#### Exercise goal
From the records below, work out how many lines contain "module". Reply with that number alone.

#### Records to use
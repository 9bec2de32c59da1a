-- ===== src/Malloc/Allocate.antt =====
-- malloc: where in the heap the block comes from.
use cmpsc_473_operating_syst.Common.{
  ℕ, ◌+◌, ◌-◌, ◌^◌, ◌≤◌, ◌<◌, ◌≡◌, refl, ap, sym, ◌∙◌, ◌⊎◌, inl, inr, arith, true, false, some,
  List, [], ◌∷◌, ◌++◌, length, leb, ◌==◌, ◌||◌, Bool-cases,
}
use mathlib.Core.Path.{subst}
use mathlib.Core.List.{append_assoc, append-nil}
use cmpsc_473_operating_syst.Memlib.{mm_heapsize}
use cmpsc_473_operating_syst.Malloc.{
  Mm, load, size_of, search, take_whole, split, extend, block_size_for, malloc,
}
use cmpsc_473_operating_syst.Malloc.FreeList.{first_fit, search-first_fit, block_size_for-Fits}
use cmpsc_473_operating_syst.Malloc.Blocks.{
  vacant, used, Row, row_end, row_end-append, last_used, Sized,
}
use cmpsc_473_operating_syst.Malloc.Vacancies.{
  In, first_fit-Found, vacancies-split, length-vacancies,
}
use cmpsc_473_operating_syst.Malloc.Around.{size_of-flag}
use cmpsc_473_operating_syst.Malloc.Invariant.{IsHeap}
use cmpsc_473_operating_syst.Malloc.Vacant.{HasVacant, IsHeap-HasVacant}
use cmpsc_473_operating_syst.Malloc.Take.{take_whole-IsHeap}
use cmpsc_473_operating_syst.Malloc.Carve.{split-IsHeap}
use cmpsc_473_operating_syst.Malloc.Extend.{extend_cases}
use cmpsc_473_operating_syst.Malloc.Answers.{Granted, Refused, pointer_aligned, first_fit_null}

module _ (n : ℕ) (s : Mm) (bs : Row) (xs : List ℕ) (h : IsHeap s bs xs) where
  abbrev a : ℕ
  a = s.lib.heap + 8

  module _ (some_bytes : 0 < n) (small : n + 32 ≤ 2 ^ 63) where
    abbrev r : ℕ
    r = block_size_for n

    r-Sized : Sized r
    r-Sized = let (m, large, room, tight) = block_size_for-Fits n (omega arith) in (large, m)

    r_small : r < 2 ^ 63
    r_small = omega (arith, block_size_for-Fits n (omega arith))

    r_room : n + 8 ≤ r
    r_room = omega (arith, block_size_for-Fits n (omega arith))

    few : length xs ≤ mm_heapsize s.lib
    unfolding mm_heapsize
    few =
        let (low, align, end, most, limit) = h.fits in
        omega (arith, h.counted, length-vacancies s.mem true a bs h.runs.0)

    found : search r s ≡ some (first_fit r s xs)
    found = search-first_fit r s xs h.linked few

    malloc_extends : first_fit r s xs ≡ 0 → malloc n s ≡ some (extend r s)
    unfolding malloc
    malloc_extends null =
        let bytes : (n == 0) ≡ false = ground arith in
        let none_fits : search r s ≡ some 0 = found ∙ ap (λ t. some t) null in
        rw (bytes, none_fits, malloc) refl

    module _ (b k : ℕ) (at : first_fit r s xs ≡ b) (there : (b == 0) ≡ false)
        (holds : size_of (load s b) ≡ k) where
      malloc_takes : (leb (k - r) 32 || (k == r)) ≡ true → malloc n s ≡ some (take_whole b k s)
      unfolding malloc
      malloc_takes whole =
          let bytes : (n == 0) ≡ false = ground arith in
          let fit : search r s ≡ some b = found ∙ ap (λ t. some t) at in
          rw (bytes, fit, malloc, there, holds, whole) refl

      malloc_splits : (leb (k - r) 32 || (k == r)) ≡ false → malloc n s ≡ some (split b k r s)
      unfolding malloc
      malloc_splits part =
          let bytes : (n == 0) ≡ false = ground arith in
          let fit : search r s ≡ some b = found ∙ ap (λ t. some t) at in
          rw (bytes, fit, malloc, there, holds, part) refl

    -- The pointer to the result and the heap.
    abbrev Outcome : ℕ → Mm → Type 0
    Outcome p s' = Refused n s xs p s' ⊎ Granted n s bs p s'

    abbrev Result : Type 0
    Result = (p : ℕ) × (s' : Mm) × ((malloc n s ≡ some (p, s')) × Outcome p s')

    extends : first_fit r s xs ≡ 0 → Result
    extends null = elim (extend_cases s bs xs r r-Sized h r_small) [
      | inl (refused, past) ↦ (
        0,
        s,
        (
          malloc_extends null ∙ ap (λ t. some t) refused,
          inl (refl, refl, first_fit_null r s 0 s.free_block_pointer xs h.linked null, past),
        ),
      )
      | inr (t, c, (grown, same, heap)) ↦ (
        row_end a bs + 8,
        t,
        (
          malloc_extends null ∙ ap (λ t. some t) grown,
          inr (
            bs,
            r,
            c,
            [],
            xs,
            (
              heap,
              same,
              inr (inr (refl, refl)),
              refl,
              pointer_aligned s bs [] xs (subst (λ z. IsHeap s z xs) (sym (append-nil bs)) h),
              r_room,
            ),
          ),
        ),
      )
    ]

    -- At a free block of the row.
    module _ (ls : Row) (k : ℕ) (rs : Row) (row : bs ≡ ls ++ vacant k ∷ rs)
        (at : first_fit r s xs ≡ row_end (s.lib.heap + 8) ls) (enough : r ≤ k) where
      abbrev b : ℕ
      b = row_end a ls

      h' : IsHeap s (ls ++ vacant k ∷ rs) xs
      h' = subst (λ t. IsHeap s t xs) row h

      v : HasVacant s ls k rs xs b
      v = IsHeap-HasVacant s ls k rs xs h'

      holds : size_of (load s b) ≡ k
      holds = ap size_of v.header ∙ size_of-flag k (last_used true ls) v.sized.1

      there : (b == 0) ≡ false
      there = let low = v.before in ground arith

      takes : (leb (k - r) 32 || (k == r)) ≡ true → Result
      takes whole =
          let (s', c, ys, (taken, same, heap)) = take_whole-IsHeap s ls k rs xs h' in
          (
            b + 8,
            s',
            (
              malloc_takes b k at there holds whole ∙ ap (λ t. some t) taken,
              inr (
                ls,
                k,
                c,
                rs,
                ys,
                (
                  heap,
                  ap (λ t. t.heap) same,
                  inl row,
                  refl,
                  pointer_aligned s ls (vacant k ∷ rs) xs h',
                  omega (arith, r_room),
                ),
              ),
            ),
          )

      splits : (leb (k - r) 32 || (k == r)) ≡ false → Result
      splits part =
          let room : r + 32 < k = ground arith in
          let (s', c, (cut, same, heap)) = split-IsHeap s ls k r rs xs r-Sized room h' in
          let before : row_end a (ls ++ vacant (k - r) ∷ []) ≡ b + (k - r) =
            row_end-append a ls (vacant (k - r) ∷ []) in
          let joined : k - r + r ≡ k = omega arith in
          (
            b + (k - r) + 8,
            s',
            (
              malloc_splits b k at there holds part ∙ ap (λ t. some t) cut,
              inr (
                ls ++ vacant (k - r) ∷ [],
                r,
                c,
                rs,
                xs,
                (
                  subst (λ t. IsHeap s' t xs)
                      (sym (append_assoc ls (vacant (k - r) ∷ []) (used r c ∷ rs))) heap,
                  ap (λ t. t.heap) same,
                  inr (inl (ls, k - r, (refl, row ∙ ap (λ t. ls ++ vacant t ∷ rs) (sym joined)))),
                  ap (λ t. t + 8) (sym before),
                  (let z = v.sized.1 in
                      let y = r-Sized.1 in
                      omega (arith, pointer_aligned s ls (vacant k ∷ rs) xs h')),
                  r_room,
                ),
              ),
            ),
          )

      at_block : Result
      at_block = elim (Bool-cases (leb (k - r) 32 || (k == r))) [
        | inl whole ↦ takes whole
        | inr part ↦ splits part
      ]

    at_found : In (first_fit r s xs) xs → r ≤ size_of (load s (first_fit r s xs)) → Result
    at_found i enough =
        let (ls, k, rs, row, at) =
          vacancies-split a (first_fit r s xs) bs ((h.same (first_fit r s xs)).0 i) in
        let fits : r ≤ k = omega (arith, ap (λ t. size_of (load s t)) at, holds_at ls k rs row) in
        at_block ls k rs row (sym at) fits
      where
        holds_at :
            (ls : Row) (k : ℕ) (rs : Row)
            → bs ≡ ls ++ vacant k ∷ rs
            → size_of (load s (row_end (s.lib.heap + 8) ls)) ≡ k
        holds_at ls k rs row =
            let v = IsHeap-HasVacant s ls k rs xs (subst (λ t. IsHeap s t xs) row h) in
            ap size_of v.header ∙ size_of-flag k (last_used true ls) v.sized.1

-- In a heap whose blocks lie one behind the other, with the list through its free ones, a request for
-- some bytes, 2^63 - 32 at most, ends. Either no free block is large enough and the break cannot move
-- so far: then the answer is NULL and nothing changes. Or the answer is a multiple of 16 and points to
-- the bytes of an allocated block with room for the request, which was free, or the end of a free
-- block, or is new at the end of the heap; all other blocks, and the bytes of those in use, are as
-- before, in a heap that is in order again.
pub malloc-Granted :
    (n : ℕ) (s : Mm) (bs : Row) (xs : List ℕ)
    → IsHeap s bs xs
    → 0 < n
    → n + 32 ≤ 2 ^ 63
    → (p : ℕ) × (s' : Mm) × ((malloc n s ≡ some (p, s'))
        × (Refused n s xs p s' ⊎ Granted n s bs p s'))
malloc-Granted n s bs xs h some_bytes small = elim (first_fit-Found (block_size_for n) s xs) [
  | inl null ↦ extends n s bs xs h some_bytes small null
  | inr (i, enough) ↦ at_found n s bs xs h some_bytes small i enough
]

#### Answer to this problem
4